In the context of Social Welfare and Choquet integration, we briefly review, on the one hand, the generalized Gini welfare functions and inequality indices for populations of n>=2 individuals, and on the other hand, the Mobius representation framework for Choquet integration, particularly in the case of k-additive symmetric capacities. We recall the binomial decomposition of OWA functions due to Calvo and De Baets [14] and we examine it in the restricted context of generalized Gini welfare functions, with the addition of appropriate S-concavity conditions.

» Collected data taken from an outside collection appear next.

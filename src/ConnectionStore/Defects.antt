-- ===== src/ConnectionStore/Defects.antt =====
-- Behaviour of apps/desktop/src/store/connection-store.ts at the edges of its state: a save that
-- fails while a socket is open, and a close code that the platform refuses.
use socketlens.Common.{
  ap, sym, if◌then◌else◌, subst, is_some, or_else, lit, ◌||◌, ℕ, ◌≡◌, refl, ◌∙◌, [], Option, none,
  some, true, false, Text, or_some,
}
use socketlens.Packet.{Stamp}
use socketlens.Platform.{Platform}
use socketlens.Connection.{ConnectionStatus}
use socketlens.ConnectionStore.{ConnectionStore, ReadyState, Handlers, SocketHeap, Settings, World}
use socketlens.ConnectionStore.Sockets.{
  read, is_current_socket, closing_call, detach_socket_handlers, cleanup_socket,
}
use socketlens.ConnectionStore.Connections.{
  ResolvedConnectionEndpoint, create_invalid_url_error, resolve_connection_endpoint,
  get_connection_environment,
}
use socketlens.ConnectionStore.Connect.{template_of}
use socketlens.ConnectionStore.Saved.{SaveConnectionInput, fail_save, save_connection}
use socketlens.ConnectionStore.Commands.{truthy_id, cleanup_active, release_active, dispose}
use socketlens.ConnectionStore.Releasing.{read-detach, end_session-sockets}
use socketlens.ConnectionStore.Events.{CloseEvent, on_close, closed_now}

-- The store shows a failed connection.
pub record HasFailed (store : ConnectionStore) : Type 0 where
  pub status : store.status ≡ ConnectionStatus.error
  pub error : is_some store.error ≡ true
  pub is_connected : store.is_connected ≡ false

module _ (π : Platform) (settings : Settings) where
  closed_now-HasFailed :
      (stamps : ℕ → Stamp) (n : ℕ) (h : Handlers) (event : CloseEvent) (v : World)
      → v.connection.status ≡ ConnectionStatus.error
      → HasFailed (closed_now π settings stamps n h event v).connection
  unfolding closed_now
  closed_now-HasFailed stamps n h event v e =
      rw e (record { status = refl; error = refl; is_connected = refl })

  on_close-HasFailed :
      (stamps : ℕ → Stamp) (n : ℕ) (h : Handlers) (event : CloseEvent) (v : World)
      → is_current_socket v.connection n h.session_id ≡ true
      → v.connection.status ≡ ConnectionStatus.error
      → HasFailed (on_close π settings stamps n h event v).connection
  unfolding on_close detach_socket_handlers
  on_close-HasFailed stamps n h event v current e =
      let detached = detach_socket_handlers n v in
      subst
        (λ b.
          HasFailed
            (if b then closed_now π settings stamps n h event detached else detached).connection)
        (sym current) (closed_now-HasFailed stamps n h event detached e)

  -- A save whose endpoint names a variable that its environment lacks makes the status an error
  -- and keeps the socket and the flag that says that the store is connected. When that socket, which
  -- is the current one of its session, then closes, however cleanly, the status stays an error, with
  -- a message, and the store is no longer connected.
  pub failed_save-on_close :
      (stamps later : ℕ → Stamp) (input : SaveConnectionInput) (w : World)
      (message technical : Text) (n : ℕ) (h : Handlers) (event : CloseEvent)
      → resolve_connection_endpoint π
          (or_some input.endpoint_template (template_of input.endpoint_url))
          input.endpoint_url
          (get_connection_environment settings input.environment_id)
        ≡ ResolvedConnectionEndpoint.unresolved message technical
      → is_current_socket w.connection n h.session_id ≡ true
      → let v = (save_connection π settings stamps input w).0 in
        (v.connection.status ≡ ConnectionStatus.error)
        × (v.connection.is_connected ≡ w.connection.is_connected)
        × (v.connection.socket ≡ w.connection.socket)
        × HasFailed (on_close π settings later n h event v).connection
  unfolding save_connection fail_save is_current_socket
  failed_save-on_close stamps later input w message technical n h event e current =
      rw (e, save_connection)
        (
          refl,
          refl,
          refl,
          on_close-HasFailed later n h event
              (fail_save π settings stamps (create_invalid_url_error π message technical) w) current
              refl,
        )

  closing_call-open :
      (stamp : Stamp) (state : ReadyState) (n code : ℕ) (w : World)
      → π.accepts_close_code code ≡ false
      → state ≡ ReadyState.open_
      → (read (closing_call π settings stamp state n code w) n).ready_state ≡ (read w n).ready_state
  closing_call-open stamp state n code w refused e = rw e (rw refused)

  -- A clean-up with a code that the platform refuses leaves an open socket open.
  refused_code-open :
      (stamp : Stamp) (n code : ℕ) (w : World)
      → π.accepts_close_code code ≡ false
      → (read w n).ready_state ≡ ReadyState.open_
      → (read (cleanup_socket π settings stamp n code w) n).ready_state ≡ ReadyState.open_
  unfolding cleanup_socket
  refused_code-open stamp n code w refused e =
      let v = detach_socket_handlers n w in
      closing_call-open stamp (read v n).ready_state n code v refused
        (read-detach π settings n w ∙ e)
      ∙ read-detach π settings n w
      ∙ e

  -- Where the platform refuses 1001, disposing of an open connection forgets its socket and leaves
  -- it open.
  pub dispose-open :
      (stamps : ℕ → Stamp) (reason : Option Text) (n : ℕ) (w : World)
      → π.accepts_close_code 1001 ≡ false
      → w.connection.socket ≡ some n
      → (read w n).ready_state ≡ ReadyState.open_
      → let v = dispose π settings stamps reason w in
        (v.connection.socket ≡ none)
        × (v.connection.is_connected ≡ false)
        × ((read v n).ready_state ≡ ReadyState.open_)
  unfolding dispose release_active
  dispose-open stamps reason n w refused current e =
      let cleaned = cleanup_active π settings (stamps 3) w.connection.socket 1001 w in
      let held : (is_some w.connection.socket || truthy_id w.connection.active_session_id) ≡ true =
        rw current refl in
      let left : (read cleaned n).ready_state ≡ ReadyState.open_ =
        subst
          (λ socket.
            (read (cleanup_active π settings (stamps 3) socket 1001 w) n).ready_state
            ≡ ReadyState.open_)
          (sym current) (refused_code-open (stamps 3) n 1001 w refused e) in
      rw held (
        refl,
        refl,
        ap (λ (heap : SocketHeap). (heap.object n).ready_state)
              (end_session-sockets π settings stamps w.connection.active_session_id 1001
                (or_else reason (π.t (lit "app.logs.windowClosing") [])) cleaned)
            ∙ left,
      )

We show that the original expression of the binomial decomposition can be formulated in terms of two equivalent functional bases, the binomial Gini welfare functions and the Atkinson-Kolm-Sen (AKS) associated binomial Gini inequality indices, according to Blackorby and Donaldson's correspondence formula. The binomial Gini pairs of welfare functions and inequality indices are described by a parameter j = 1,...,n, associated with the distributional judgements involved. The j-th generalized Gini pair focuses on the (n - j + 1)/n poorest fraction of the population and is insensitive to income transfers within the complementary richest fraction of the population.

Suggested Citation

  • Silvia Bortot & Ricardo Alberto Marques Pereira, 2013. "The binomial Gini inequality indices and the binomial decomposition of welfare functions," Working Papers 305, ECINEQ, Society for the Study of Economic Inequality.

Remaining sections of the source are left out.